▶ **About this task**
The stretch from the line with "abbrev pub mask : Field → ℕ" through the line with "(a m : ℕ) → field_get f m ≡ 2" in the records below: write it out exactly, and nothing else.

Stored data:

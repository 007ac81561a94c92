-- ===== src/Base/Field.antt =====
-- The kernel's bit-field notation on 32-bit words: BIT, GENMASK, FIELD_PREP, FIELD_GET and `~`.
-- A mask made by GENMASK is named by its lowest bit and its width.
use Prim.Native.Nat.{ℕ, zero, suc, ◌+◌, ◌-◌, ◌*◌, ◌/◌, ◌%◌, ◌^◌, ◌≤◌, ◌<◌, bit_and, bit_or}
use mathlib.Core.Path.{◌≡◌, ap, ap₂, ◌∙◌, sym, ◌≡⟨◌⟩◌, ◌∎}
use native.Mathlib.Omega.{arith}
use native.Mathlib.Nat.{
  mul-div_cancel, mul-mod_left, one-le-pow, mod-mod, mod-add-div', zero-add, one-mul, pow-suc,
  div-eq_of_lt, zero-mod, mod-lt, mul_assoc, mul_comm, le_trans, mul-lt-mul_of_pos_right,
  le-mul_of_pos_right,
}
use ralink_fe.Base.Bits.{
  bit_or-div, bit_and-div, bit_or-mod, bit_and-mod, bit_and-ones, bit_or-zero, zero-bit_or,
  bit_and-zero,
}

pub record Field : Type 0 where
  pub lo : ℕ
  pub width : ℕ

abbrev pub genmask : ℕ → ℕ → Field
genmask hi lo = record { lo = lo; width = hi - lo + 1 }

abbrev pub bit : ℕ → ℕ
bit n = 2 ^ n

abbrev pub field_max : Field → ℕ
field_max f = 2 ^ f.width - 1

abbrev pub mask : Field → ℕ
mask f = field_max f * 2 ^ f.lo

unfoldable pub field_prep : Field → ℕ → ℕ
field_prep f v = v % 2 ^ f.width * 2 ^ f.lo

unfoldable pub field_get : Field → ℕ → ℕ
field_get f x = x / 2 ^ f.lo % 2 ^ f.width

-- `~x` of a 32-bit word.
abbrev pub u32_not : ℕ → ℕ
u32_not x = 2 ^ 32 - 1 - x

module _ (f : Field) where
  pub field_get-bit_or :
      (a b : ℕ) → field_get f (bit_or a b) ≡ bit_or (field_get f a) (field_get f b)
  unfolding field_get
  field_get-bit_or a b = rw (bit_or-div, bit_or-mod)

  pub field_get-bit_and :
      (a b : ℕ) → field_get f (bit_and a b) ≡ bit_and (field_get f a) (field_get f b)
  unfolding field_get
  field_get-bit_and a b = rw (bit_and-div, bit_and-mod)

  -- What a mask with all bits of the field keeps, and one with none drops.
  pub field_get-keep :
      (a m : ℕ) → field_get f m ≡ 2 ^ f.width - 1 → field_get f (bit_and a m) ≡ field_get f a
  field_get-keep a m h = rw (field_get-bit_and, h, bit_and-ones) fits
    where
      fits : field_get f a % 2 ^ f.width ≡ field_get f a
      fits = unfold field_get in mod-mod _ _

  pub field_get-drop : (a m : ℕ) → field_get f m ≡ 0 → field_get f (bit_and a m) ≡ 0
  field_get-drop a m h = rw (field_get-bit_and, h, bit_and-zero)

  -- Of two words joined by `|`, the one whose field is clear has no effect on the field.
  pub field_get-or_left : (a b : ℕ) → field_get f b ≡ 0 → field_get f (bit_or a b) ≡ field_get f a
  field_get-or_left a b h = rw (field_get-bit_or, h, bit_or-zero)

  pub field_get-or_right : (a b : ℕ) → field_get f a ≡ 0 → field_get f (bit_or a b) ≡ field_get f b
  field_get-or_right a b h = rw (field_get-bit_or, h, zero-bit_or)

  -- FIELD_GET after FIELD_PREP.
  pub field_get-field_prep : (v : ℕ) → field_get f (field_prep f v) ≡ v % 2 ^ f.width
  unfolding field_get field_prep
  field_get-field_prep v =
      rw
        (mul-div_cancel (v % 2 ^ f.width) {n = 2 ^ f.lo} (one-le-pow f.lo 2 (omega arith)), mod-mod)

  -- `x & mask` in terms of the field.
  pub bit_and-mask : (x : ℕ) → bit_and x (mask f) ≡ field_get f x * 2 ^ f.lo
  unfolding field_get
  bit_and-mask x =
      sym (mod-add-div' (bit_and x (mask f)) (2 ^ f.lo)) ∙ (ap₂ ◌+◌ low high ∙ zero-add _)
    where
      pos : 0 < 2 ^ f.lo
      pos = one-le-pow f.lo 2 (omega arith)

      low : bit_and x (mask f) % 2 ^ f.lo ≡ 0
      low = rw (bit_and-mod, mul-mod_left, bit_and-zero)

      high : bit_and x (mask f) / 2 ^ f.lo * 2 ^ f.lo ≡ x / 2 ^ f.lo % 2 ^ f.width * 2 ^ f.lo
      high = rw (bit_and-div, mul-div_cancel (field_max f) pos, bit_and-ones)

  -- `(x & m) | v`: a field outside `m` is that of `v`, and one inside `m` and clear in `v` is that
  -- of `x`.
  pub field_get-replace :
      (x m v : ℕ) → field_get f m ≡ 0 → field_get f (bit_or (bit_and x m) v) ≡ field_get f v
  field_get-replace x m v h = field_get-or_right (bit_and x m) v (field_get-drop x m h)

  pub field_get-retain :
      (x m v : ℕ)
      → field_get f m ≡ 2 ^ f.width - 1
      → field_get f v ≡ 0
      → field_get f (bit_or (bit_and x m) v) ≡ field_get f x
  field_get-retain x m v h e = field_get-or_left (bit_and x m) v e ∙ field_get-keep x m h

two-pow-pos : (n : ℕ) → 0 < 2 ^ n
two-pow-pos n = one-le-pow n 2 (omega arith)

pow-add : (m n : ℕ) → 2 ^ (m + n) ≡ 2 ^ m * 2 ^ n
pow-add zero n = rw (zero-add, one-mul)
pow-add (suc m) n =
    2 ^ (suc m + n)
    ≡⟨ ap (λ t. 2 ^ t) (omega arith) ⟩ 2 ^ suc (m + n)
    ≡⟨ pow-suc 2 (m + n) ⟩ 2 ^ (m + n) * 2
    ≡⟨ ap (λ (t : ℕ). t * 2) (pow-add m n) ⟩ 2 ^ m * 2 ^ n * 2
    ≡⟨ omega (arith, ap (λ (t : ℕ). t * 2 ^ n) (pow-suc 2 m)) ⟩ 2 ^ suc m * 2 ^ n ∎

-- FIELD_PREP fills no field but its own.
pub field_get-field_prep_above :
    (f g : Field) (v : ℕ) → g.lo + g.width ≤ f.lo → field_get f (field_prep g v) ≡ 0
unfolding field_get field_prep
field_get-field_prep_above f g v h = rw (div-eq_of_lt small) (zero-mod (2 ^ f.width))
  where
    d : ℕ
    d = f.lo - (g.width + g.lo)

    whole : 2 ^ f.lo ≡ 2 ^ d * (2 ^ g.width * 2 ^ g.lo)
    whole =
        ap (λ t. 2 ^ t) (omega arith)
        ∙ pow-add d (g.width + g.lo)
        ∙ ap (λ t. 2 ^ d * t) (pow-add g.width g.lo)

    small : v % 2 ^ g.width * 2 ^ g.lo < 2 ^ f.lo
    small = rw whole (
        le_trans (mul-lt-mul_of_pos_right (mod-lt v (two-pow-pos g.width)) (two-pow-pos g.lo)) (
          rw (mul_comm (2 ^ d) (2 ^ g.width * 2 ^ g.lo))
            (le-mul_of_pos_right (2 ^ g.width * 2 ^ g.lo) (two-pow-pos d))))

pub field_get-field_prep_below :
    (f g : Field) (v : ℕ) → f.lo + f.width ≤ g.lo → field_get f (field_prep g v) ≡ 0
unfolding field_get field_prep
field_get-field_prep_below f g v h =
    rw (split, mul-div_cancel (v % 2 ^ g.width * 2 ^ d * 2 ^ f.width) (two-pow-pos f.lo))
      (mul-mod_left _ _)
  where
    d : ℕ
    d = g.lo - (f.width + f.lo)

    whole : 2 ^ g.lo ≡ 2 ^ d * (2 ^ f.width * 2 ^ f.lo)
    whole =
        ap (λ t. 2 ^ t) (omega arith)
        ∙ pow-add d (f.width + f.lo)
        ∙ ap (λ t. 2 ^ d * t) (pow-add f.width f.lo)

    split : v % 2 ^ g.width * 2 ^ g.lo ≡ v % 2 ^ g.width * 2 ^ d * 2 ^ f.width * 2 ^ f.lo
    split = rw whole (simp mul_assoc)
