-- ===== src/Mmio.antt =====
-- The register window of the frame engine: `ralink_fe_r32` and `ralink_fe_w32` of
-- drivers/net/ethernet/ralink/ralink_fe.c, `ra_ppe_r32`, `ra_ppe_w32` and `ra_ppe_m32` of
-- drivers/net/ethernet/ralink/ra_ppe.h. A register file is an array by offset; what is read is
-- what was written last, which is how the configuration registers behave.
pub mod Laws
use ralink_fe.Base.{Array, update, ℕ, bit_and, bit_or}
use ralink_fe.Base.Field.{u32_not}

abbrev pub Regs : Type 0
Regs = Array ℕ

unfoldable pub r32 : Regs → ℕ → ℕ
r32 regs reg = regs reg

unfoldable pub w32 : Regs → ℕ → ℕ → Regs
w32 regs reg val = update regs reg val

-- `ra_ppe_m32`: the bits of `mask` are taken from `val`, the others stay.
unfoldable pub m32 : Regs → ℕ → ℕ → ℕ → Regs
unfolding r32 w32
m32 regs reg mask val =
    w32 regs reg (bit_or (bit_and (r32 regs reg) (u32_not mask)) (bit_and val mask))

▶ **Final answer**
abbrev pub mask : Field → ℕ
mask f = field_max f * 2 ^ f.lo

unfoldable pub field_prep : Field → ℕ → ℕ
field_prep f v = v % 2 ^ f.width * 2 ^ f.lo

unfoldable pub field_get : Field → ℕ → ℕ
field_get f x = x / 2 ^ f.lo % 2 ^ f.width

-- `~x` of a 32-bit word.
abbrev pub u32_not : ℕ → ℕ
u32_not x = 2 ^ 32 - 1 - x

module _ (f : Field) where
  pub field_get-bit_or :
      (a b : ℕ) → field_get f (bit_or a b) ≡ bit_or (field_get f a) (field_get f b)
  unfolding field_get
  field_get-bit_or a b = rw (bit_or-div, bit_or-mod)

  pub field_get-bit_and :
      (a b : ℕ) → field_get f (bit_and a b) ≡ bit_and (field_get f a) (field_get f b)
  unfolding field_get
  field_get-bit_and a b = rw (bit_and-div, bit_and-mod)

  -- What a mask with all bits of the field keeps, and one with none drops.
  pub field_get-keep :
      (a m : ℕ) → field_get f m ≡ 2 ^ f.width - 1 → field_get f (bit_and a m) ≡ field_get f a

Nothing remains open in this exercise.